The cross sections will go folder: /opt/nuclear-data/
Inside will have a folder of what kind you choose.

Inside this folder will have 3 folder’s: neutron, photon and another I forget.

Inside neutron folder will have 1 file .h5 to each cross section: u235.h5, u238.h5, etc

To run openmc daily you should specificy the crosssection folder. You can do it on python code ou export a variable contain this folder before run openmc:
export OPENMC_CROSS_SECTIONS=/opt/nuclear-data/endfb-vii.1-hdf5/cross_sections.xml

To don’t need export this variable every time manually, put this comand on your file .bashrc (of your user).

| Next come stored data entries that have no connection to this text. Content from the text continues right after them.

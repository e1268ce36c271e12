-- ===== src/Api.antt =====
-- web/src/lib/api.ts: the token in local storage, the requests that the client sends, and what it
-- makes of the responses. `fetch` of the browser is the argument `transport`, and the parsing of a
-- JSON body into the declared interface is the argument `decode`.
pub mod Types
pub mod Metrics
pub mod Headers
pub mod Responses
use ar_csent.Prelude.{
  ℕ, Bool, true, false, not, ◌&&◌, Option, none, some, List, [], ◌∷◌, ◌++◌, ltb, leb, ◌==◌,
  if◌then◌else◌,
}
use ar_csent.Text.{Text, codes}
use ar_csent.Dict.{Dict, get, set, spread}

-- A promise's outcome: its value, or the message of the error that it is rejected with.
pub data Result {ℓ} (A : Type ℓ) : Type ℓ where
  ok : A → Result A
  err : Text → Result A

-- Local storage, and the parts of the request that the client writes.
abbrev pub Storage : Type 0
Storage = Dict Text

pub record RequestInit : Type 0 where
  pub method : Option Text
  pub headers : Option (Dict Text)

pub record Request : Type 0 where
  pub url : Text
  pub method : Option Text
  pub headers : Dict Text

pub record Response : Type 0 where
  pub status : ℕ
  pub status_text : Text
  pub body : Text

-- `responded` has the response; `rejected` is a network error with its message.
pub data Outcome : Type 0 where
  responded : Response → Outcome
  rejected : Text → Outcome

abbrev pub token_key : Text
token_key = codes "arcsent_token"

unfoldable pub get_token : Storage → Option Text
unfolding get
get_token storage = get token_key storage

unfoldable pub set_token : Text → Storage → Storage
unfolding set
set_token token storage = set token_key token storage

-- `x || ""`
abbrev pub or_empty : Option Text → Text
or_empty none = []
or_empty (some t) = t

abbrev pub authorization : Text
authorization = codes "Authorization"

abbrev pub content_type : Text
content_type = codes "Content-Type"

-- The two headers that a request starts from.
abbrev default_headers : Option Text → Text → Dict Text
default_headers token kind = (authorization, or_empty token) ∷ (content_type, kind) ∷ []

abbrev given_headers : Option RequestInit → Dict Text
given_headers none = []
given_headers (some options) = elim options.headers [ none ↦ [] | some h ↦ h ]

abbrev given_method : Option RequestInit → Option Text
given_method none = none
given_method (some options) = options.method

-- `{ Authorization: token || "", "Content-Type": kind, ...options?.headers }`
unfoldable pub merged_headers : Option Text → Text → Option RequestInit → Dict Text
unfolding spread
merged_headers token kind options = spread (default_headers token kind) (given_headers options)

-- What `fetch` hands to the browser: `{ ...options, headers }`, so the merged headers stand.
unfoldable pub fetch_request : Option Text → Text → Option RequestInit → Request
unfolding merged_headers
fetch_request token path options = record {
  url = codes "/api" ++ path;
  method = given_method options;
  headers = merged_headers token (codes "application/json") options;
}

-- `{ headers, ...options }`: headers of the options replace the merged ones.
abbrev replaced_headers : Dict Text → Option RequestInit → Dict Text
replaced_headers merged none = merged
replaced_headers merged (some options) = elim options.headers [ none ↦ merged | some h ↦ h ]

unfoldable pub fetch_text_request : Option Text → Text → Option RequestInit → Request
unfolding merged_headers
fetch_text_request token path options = record {
  url = codes "/api" ++ path;
  method = given_method options;
  headers = replaced_headers (merged_headers token (codes "text/plain") options) options;
}

-- `res.ok`
abbrev pub is_ok : ℕ → Bool
is_ok status = leb 200 status && leb status 299

abbrev pub unauthorized : Text
unauthorized = codes "Unauthorized"

abbrev pub request_failed : Text → Text
request_failed status_text = codes "Request failed: " ++ status_text

-- The body of a response that is `ok`, and the error otherwise.
unfoldable pub read_body : Outcome → Result Text
read_body (rejected message) = err message
read_body (responded res) =
    if is_ok res.status
    then ok res.body
    else if res.status == 401
    then err unauthorized
    else err (request_failed res.status_text)

infixl 5 ◌>>=◌
abbrev pub ◌>>=◌ {ℓ κ} : {A : Type ℓ} {B : Type κ} → Result A → (A → Result B) → Result B
ok a >>= f = f a
err e >>= f = err e

module _ {ℓ} {A : Type ℓ} (transport : Request → Outcome) (decode : Text → Result A) where
  -- `api.fetch`
  unfoldable pub fetch : Storage → Text → Option RequestInit → Result A
  unfolding fetch_request get_token read_body
  fetch storage path options = do
    body ← read_body (transport (fetch_request (get_token storage) path options))
    decode body

-- `api.fetchText`
unfoldable pub fetch_text : (Request → Outcome) → Storage → Text → Option RequestInit → Result Text
unfolding fetch_text_request get_token read_body
fetch_text transport storage path options =
    read_body (transport (fetch_text_request (get_token storage) path options))

abbrev pub post : Option RequestInit
post = some (record { method = some (codes "POST"); headers = none })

Ok, I tried what you did, and I get the same pymoab error but there is nothing about the runtime:

bash ./test_install.sh  :heavy_check_mark:
Traceback (most recent call last):
File “/home/sauravquantum/.cache/yay/openmc-git/step_to_h5m.py”, line 2, in
import CAD_to_OpenMC.assembly as ab
File “/usr/lib/python3.12/site-packages/CAD_to_OpenMC/assembly.py”, line 18, in
from pymoab import core, types
ModuleNotFoundError: No module named ‘pymoab’
/usr/lib/python3.12/site-packages/openmc/stats/multivariate.py:829: FutureWarning: The ‘only_fissionable’ has been deprecated. Use the ‘constraints’ argument when defining a source instead.
warn("The ‘only_fissionable’ has been deprecated. Use the "
/usr/lib/python3.12/site-packages/openmc/source.py:656: FutureWarning: This class is deprecated in favor of ‘IndependentSource’
warnings.warn(“This class is deprecated in favor of ‘IndependentSource’”, FutureWarning)
Traceback (most recent call last):
File “/home/sauravquantum/.cache/yay/openmc-git/test_openmc.py”, line 59, in
openmc.run()
File “/usr/lib/python3.12/site-packages/openmc/executor.py”, line 314, in run
_run(args, output, cwd)
File “/usr/lib/python3.12/site-packages/openmc/executor.py”, line 97, in _run
p = subprocess.Popen(args, cwd=cwd, stdout=subprocess.PIPE,
^^^^^^^^^^^^^^^^^^^^^^^^^^^^^^^^^^^^^^^^^^^^^^^^^^^^^^^
File “/usr/lib/python3.12/subprocess.py”, line 1026, in init
self._execute_child(args, executable, preexec_fn, close_fds,
File “/usr/lib/python3.12/subprocess.py”, line 1955, in _execute_child
raise child_exception_type(errno_num, err_msg, err_filename)
FileNotFoundError: [Errno 2] No such file or directory: ‘openmc’
rm: cannot remove ‘.h5’: No such file or directory
rm: cannot remove '
.stl’: No such file or directory
rm: cannot remove ‘*.h5m’: No such file or directory

The error is write here:

That is: Pymoab isn’t installed.

Maybe you just install moab packege from AUR can solve this:

git clone https://aur.archlinux.org/moab.git
cd moab
makepkg -si

or:

paru -S moab

But I need say something: your questions is very easy to solve, just read the error code… So that means you are a new user on GNU/Linux or at least a basic user…
In this case I recomend don’t compile from source the code, because this is a advance way to install OpenMC that you have control about are you are installing or not (but you need to learn to solve the basic problems by yourself).

So I will let a script to install OpenMC from conda, that is much more easy to install because alredy come compilled. But you shoud read the OpenMC docs anyway: Quick Install Guide — OpenMC Documentation

paru -S nuclear-data miniconda3

echo """

#MiniConda
[ -f /opt/miniconda3/etc/profile.d/conda.sh ] && source /opt/miniconda3/etc/profile.d/conda.sh
export CRYPTOGRAPHY_OPENSSL_NO_LEGACY=1

#OpenMC Cross Sections
var=`echo /opt/nuclear-data/*hdf5 | head -n1`
export OPENMC_CROSS_SECTIONS=$var/cross_sections.xml
""" >> ~/.bashrc

source /opt/miniconda3/etc/profile.d/conda.sh
conda config --add channels conda-forge
conda create -n openmc-env openmc[version=0.14.0,build=nompi_py312hecd8f91_1]

This will install the miniconda3 aur package, use conda to create a envrolviment and install openmc in this envrolviment.

So every time you want to user openmc, you should activate this envrolvment after open the terminal:

conda activate openmc-env

If you don’t wanna this command every time after open the terminal, put on .bashrc:

echo "conda activate openmc-env" >> ~/.bashrc

You can figure out another versions of OpenMC with the command:

conda search openmc

Recently they release the 0.15.0 version.
Today this version is not on conda yet, but you can check it later and install new version when you want. For now you can start to use the 0.14.0 version.